[Collected data]
== == ==

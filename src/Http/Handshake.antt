-- ===== src/Http/Handshake.antt =====
-- The handshake of the endpoint /ws/v1 in hub/src/goffy_hub/app.py: from the request to the message
-- loop. Other tasks may revoke credentials while it waits; each gap lists what they do, in order. A
-- revocation is two steps, since `revoke_paired_credential` of pairing_api.py awaits between the
-- change of the database and the callback that ends live access. That `unregister` waits for its lock
-- is left out.
pub mod Tracking
use goffy_os.Prelude.{
  ℕ, String, Bool, true, false, not, Option, none, some, List, [], ◌∷◌, if◌then◌else◌,
}
use goffy_os.Prelude.Result.{Result, ok, raise}
use goffy_os.Protocol.{Uuid}
use goffy_os.Approval.{Crypto}
use goffy_os.Credentials.{Platform, revoke}
use goffy_os.Audit.{AuditEvent}
use goffy_os.Audit.Window.{AuditEntry, LogError, record_event}
use goffy_os.Auth.Principal.{AuthenticatedPrincipal, has_scope, kind_value, safe_tool_scope}
use goffy_os.Auth.Authenticator.{is_principal_active}
use goffy_os.Connections.{Socket, register_socket, unregister_socket}
use goffy_os.Http.{
  Hub, ApiRequest, Net, ApiFailure, AuditTick, authenticate_request, authenticator_of,
  revoke_live_access,
}

-- How the handshake ends: the message loop begins, the socket is closed, or an exception leaves it.
pub data Admission : Type 0 where
  connected : AuthenticatedPrincipal → Admission
  refused_with : ℕ → String → Admission
  crashed : Admission

-- A step of a revocation by another task: the change of the database, or the end of live access
pub data RevocationStep : Type 0 where
  revokes cuts : Uuid → RevocationStep

-- What happens while the handshake accepts the socket, waits to register it, reads whether the
-- credential is active, and waits to go on after that
pub record Gaps : Type 0 where
  pub accepting : List RevocationStep
  pub registering : List RevocationStep
  pub checking : List RevocationStep
  pub resuming : List RevocationStep

pub record Ticks : Type 0 where
  pub first : AuditTick
  pub last : AuditTick
  pub known_reachable : Bool
  pub check_reachable : Bool
  pub revoked_at : ℕ

-- What the handshake records
unfoldable pub connect_entry : String → Option AuthenticatedPrincipal → Option String → AuditEntry
connect_entry outcome principal detail_code = record {
  source = "websocket";
  action = "connect";
  outcome = outcome;
  principal_kind = elim principal [ none ↦ "none" | some x ↦ kind_value x.kind ];
  credential_id = elim principal [ none ↦ none | some x ↦ x.credential_id ];
  detail_code = detail_code;
}

module _ (c : Crypto) (p : Platform) (net : Net) (t : Ticks) where
  -- What a step changes, but for the audit log
  unfoldable pub happen : RevocationStep → Hub → Hub
  happen (revokes id) h = record h { table = (revoke p true t.revoked_at id h.table).0 }
  happen (cuts id) h = (revoke_live_access c p net id h).0

  unfoldable pub meanwhile : List RevocationStep → Hub → Hub
  meanwhile [] h = h
  meanwhile (e ∷ es) h = meanwhile es (happen e h)

  module _ (gaps : Gaps) (w : Socket) where
    go_on : (Hub → Hub × Admission) → Hub → Result LogError AuditEvent → Hub × Admission
    go_on k h (ok e) = k h
    go_on k h (raise e) = (h, crashed)

    -- `operator_audit_log.record` and what follows it
    unfoldable pub recorded :
        AuditTick → AuditEntry → (Hub → Hub × Admission) → Hub → Hub × Admission
    unfolding go_on
    recorded (now, reachable) x k h =
        let (log, outcome) =
          record_event p net.strip_lower net.decimal now reachable x h.audit_log in
        go_on k (record h { audit_log = log }) outcome

    unfoldable pub close_with : ℕ → String → Hub → Hub × Admission
    close_with code reason h = (h, refused_with code reason)

    -- The end of the branch for a credential that was revoked meanwhile
    unfoldable pub unregister_and_close : Uuid → Hub → Hub × Admission
    unregister_and_close id h = (
      record h { connections = unregister_socket id w h.connections },
      refused_with 4403 "credential revoked",
    )

    unfoldable pub check_active : AuthenticatedPrincipal → Uuid → Hub → Hub × Admission
    check_active principal id h =
        let h1 = meanwhile gaps.checking h in
        let h2 = meanwhile gaps.resuming h1 in
        if is_principal_active c p (authenticator_of t.check_reachable h1) principal
        then (h2, connected principal)
        else recorded t.last (connect_entry "rejected" (some principal) (some "revoked"))
            (unregister_and_close id) h2

    unfoldable pub join_as : AuthenticatedPrincipal → Option Uuid → Hub → Hub × Admission
    join_as principal none h = (h, connected principal)
    join_as principal (some id) h =
        let h1 = meanwhile gaps.registering h in
        check_active principal id (record h1 { connections = register_socket id w h1.connections })

    unfoldable pub join : AuthenticatedPrincipal → Hub → Hub × Admission
    join principal h = join_as principal principal.credential_id h

    unfoldable pub greet : Option AuthenticatedPrincipal → Hub → Hub × Admission
    greet none h =
        recorded t.first (connect_entry "rejected" none (some "auth"))
          (close_with 4401 "authentication required") h
    greet (some principal) h =
        if not (has_scope principal safe_tool_scope)
        then recorded t.first (connect_entry "rejected" (some principal) (some "scope"))
            (close_with 4403 "insufficient scope") h
        else recorded t.first (connect_entry "succeeded" (some principal) none) (join principal)
            (meanwhile gaps.accepting h)

    greeted : Hub → Result ApiFailure (Option AuthenticatedPrincipal) → Hub × Admission
    greeted h (ok found) = greet found h
    greeted h (raise e) = (h, crashed)

    unfoldable pub handshake : ApiRequest → Hub → Hub × Admission
    unfolding greeted
    handshake r h = greeted h (authenticate_request c p net t.known_reachable r h).1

== == ==

> EXERCISE GOAL: Look through the entries above and list every line containing "resuming".

> ANSWER BELOW:
  pub resuming : List RevocationStep
        let h2 = meanwhile gaps.resuming h1 in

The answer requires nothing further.